» **EXERCISE PROMPT**
Repeat exactly the lines of the entries below from the one with "Refine has the" through the one with "Shards, Update and", both ends included, and nothing else.

RECORDS FOR THIS TASK Start Marker

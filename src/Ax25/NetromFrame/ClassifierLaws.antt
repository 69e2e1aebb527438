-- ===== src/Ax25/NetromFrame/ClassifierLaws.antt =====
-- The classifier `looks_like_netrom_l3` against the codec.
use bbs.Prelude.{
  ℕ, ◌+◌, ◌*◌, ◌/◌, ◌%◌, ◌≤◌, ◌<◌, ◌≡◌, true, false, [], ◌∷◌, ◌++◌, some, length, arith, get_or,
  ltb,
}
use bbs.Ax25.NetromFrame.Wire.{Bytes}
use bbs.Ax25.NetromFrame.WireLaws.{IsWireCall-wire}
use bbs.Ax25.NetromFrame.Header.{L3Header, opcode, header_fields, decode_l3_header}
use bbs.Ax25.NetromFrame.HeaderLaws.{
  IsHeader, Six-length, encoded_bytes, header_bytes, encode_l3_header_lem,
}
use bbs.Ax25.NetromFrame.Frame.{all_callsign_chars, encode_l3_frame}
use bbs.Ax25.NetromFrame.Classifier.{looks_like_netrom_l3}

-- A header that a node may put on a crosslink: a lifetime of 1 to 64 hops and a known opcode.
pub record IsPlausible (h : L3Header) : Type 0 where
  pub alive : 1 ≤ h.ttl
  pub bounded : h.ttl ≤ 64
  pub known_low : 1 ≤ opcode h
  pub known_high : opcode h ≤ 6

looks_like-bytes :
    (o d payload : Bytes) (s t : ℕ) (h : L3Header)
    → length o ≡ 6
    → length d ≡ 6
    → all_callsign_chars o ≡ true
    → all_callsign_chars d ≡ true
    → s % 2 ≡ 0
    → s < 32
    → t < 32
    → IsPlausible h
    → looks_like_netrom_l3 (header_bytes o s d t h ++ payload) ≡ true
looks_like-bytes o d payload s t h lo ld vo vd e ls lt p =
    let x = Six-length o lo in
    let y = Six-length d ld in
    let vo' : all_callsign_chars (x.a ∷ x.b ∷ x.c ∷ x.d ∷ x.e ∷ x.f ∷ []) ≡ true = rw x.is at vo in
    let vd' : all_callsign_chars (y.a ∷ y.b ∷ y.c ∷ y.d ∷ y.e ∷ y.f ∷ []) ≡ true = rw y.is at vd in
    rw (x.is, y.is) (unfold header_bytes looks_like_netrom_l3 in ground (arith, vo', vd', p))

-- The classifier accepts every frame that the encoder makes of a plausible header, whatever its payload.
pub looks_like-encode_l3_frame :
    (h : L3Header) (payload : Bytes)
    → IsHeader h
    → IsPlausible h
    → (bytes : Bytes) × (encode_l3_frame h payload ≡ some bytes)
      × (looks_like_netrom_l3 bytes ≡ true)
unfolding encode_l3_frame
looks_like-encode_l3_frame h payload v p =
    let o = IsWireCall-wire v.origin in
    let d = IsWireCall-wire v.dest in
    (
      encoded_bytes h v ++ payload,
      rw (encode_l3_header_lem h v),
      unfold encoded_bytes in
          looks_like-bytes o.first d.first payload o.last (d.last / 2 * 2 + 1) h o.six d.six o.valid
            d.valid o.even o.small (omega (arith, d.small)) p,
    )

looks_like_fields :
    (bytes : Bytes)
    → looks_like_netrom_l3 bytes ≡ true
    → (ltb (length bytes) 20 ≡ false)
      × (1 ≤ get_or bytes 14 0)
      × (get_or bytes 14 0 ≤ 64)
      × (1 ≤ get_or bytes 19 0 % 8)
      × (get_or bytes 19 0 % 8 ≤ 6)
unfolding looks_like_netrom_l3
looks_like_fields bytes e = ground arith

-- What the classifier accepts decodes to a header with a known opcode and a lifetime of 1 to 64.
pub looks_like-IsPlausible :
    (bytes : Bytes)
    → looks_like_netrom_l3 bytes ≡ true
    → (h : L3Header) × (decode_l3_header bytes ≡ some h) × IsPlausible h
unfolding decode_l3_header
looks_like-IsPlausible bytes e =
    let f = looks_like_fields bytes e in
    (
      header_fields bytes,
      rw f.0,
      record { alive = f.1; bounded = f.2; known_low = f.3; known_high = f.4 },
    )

RECORDS FOR THIS TASK End Marker
RECORDS FOR THIS TASK Start Marker

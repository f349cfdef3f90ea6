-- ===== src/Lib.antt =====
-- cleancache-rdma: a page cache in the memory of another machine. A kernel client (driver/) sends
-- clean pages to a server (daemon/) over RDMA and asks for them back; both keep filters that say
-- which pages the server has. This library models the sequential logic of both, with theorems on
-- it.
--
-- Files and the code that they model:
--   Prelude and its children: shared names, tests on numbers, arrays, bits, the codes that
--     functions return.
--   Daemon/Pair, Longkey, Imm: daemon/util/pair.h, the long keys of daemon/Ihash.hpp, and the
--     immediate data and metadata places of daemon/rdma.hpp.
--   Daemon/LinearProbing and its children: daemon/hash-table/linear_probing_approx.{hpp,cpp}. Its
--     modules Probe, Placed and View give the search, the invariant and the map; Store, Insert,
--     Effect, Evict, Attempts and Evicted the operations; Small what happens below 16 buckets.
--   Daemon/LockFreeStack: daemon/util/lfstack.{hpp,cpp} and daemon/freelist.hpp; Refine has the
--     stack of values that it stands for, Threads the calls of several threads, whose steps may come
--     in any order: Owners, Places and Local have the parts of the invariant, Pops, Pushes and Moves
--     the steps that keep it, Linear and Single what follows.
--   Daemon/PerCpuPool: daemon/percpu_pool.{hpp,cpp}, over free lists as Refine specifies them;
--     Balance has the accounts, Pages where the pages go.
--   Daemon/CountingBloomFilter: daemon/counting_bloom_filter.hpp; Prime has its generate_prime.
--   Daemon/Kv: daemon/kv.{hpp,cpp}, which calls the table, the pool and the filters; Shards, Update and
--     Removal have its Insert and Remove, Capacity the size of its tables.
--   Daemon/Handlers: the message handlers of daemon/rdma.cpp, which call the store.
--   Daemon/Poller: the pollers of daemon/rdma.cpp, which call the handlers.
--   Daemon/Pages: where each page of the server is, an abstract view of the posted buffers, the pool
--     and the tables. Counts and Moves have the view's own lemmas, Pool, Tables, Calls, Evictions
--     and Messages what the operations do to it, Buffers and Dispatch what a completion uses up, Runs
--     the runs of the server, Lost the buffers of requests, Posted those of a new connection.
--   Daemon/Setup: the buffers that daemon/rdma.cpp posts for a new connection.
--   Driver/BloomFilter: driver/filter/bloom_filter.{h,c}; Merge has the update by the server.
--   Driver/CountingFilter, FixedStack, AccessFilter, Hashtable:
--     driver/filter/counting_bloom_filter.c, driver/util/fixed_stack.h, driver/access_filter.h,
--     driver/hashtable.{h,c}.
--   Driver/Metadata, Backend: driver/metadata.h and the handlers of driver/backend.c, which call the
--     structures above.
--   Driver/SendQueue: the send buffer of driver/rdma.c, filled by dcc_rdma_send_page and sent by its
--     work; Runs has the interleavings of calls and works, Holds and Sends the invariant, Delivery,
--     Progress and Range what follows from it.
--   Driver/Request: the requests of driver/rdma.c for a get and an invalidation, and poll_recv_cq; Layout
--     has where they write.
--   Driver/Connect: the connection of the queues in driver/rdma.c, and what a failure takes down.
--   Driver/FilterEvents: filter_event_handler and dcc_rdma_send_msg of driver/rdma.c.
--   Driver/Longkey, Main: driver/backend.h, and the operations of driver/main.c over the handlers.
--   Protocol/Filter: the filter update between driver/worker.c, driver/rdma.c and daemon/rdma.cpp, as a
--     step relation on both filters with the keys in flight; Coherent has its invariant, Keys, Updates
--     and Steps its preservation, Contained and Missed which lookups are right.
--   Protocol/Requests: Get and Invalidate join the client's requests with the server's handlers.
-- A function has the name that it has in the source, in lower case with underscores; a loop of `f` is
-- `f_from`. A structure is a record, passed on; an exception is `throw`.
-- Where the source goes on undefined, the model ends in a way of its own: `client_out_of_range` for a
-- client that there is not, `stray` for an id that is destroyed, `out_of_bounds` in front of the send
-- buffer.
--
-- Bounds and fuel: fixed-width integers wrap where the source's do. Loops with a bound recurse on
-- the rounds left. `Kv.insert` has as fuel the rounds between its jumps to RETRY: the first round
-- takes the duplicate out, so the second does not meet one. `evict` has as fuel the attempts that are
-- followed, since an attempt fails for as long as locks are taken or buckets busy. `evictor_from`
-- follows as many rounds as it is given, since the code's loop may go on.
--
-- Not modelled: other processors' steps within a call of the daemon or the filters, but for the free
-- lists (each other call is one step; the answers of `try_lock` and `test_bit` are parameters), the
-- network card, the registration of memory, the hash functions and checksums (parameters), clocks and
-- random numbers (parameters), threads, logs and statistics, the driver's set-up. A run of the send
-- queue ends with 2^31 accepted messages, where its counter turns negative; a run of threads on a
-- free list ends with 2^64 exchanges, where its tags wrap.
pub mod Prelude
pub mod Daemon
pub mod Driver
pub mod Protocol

RECORDS FOR THIS TASK End Marker

» **SOLUTION TO THIS PROBLEM**
--   Daemon/LockFreeStack: daemon/util/lfstack.{hpp,cpp} and daemon/freelist.hpp; Refine has the
--     stack of values that it stands for, Threads the calls of several threads, whose steps may come
--     in any order: Owners, Places and Local have the parts of the invariant, Pops, Pushes and Moves
--     the steps that keep it, Linear and Single what follows.
--   Daemon/PerCpuPool: daemon/percpu_pool.{hpp,cpp}, over free lists as Refine specifies them;
--     Balance has the accounts, Pages where the pages go.
--   Daemon/CountingBloomFilter: daemon/counting_bloom_filter.hpp; Prime has its generate_prime.
--   Daemon/Kv: daemon/kv.{hpp,cpp}, which calls the table, the pool and the filters; Shards, Update and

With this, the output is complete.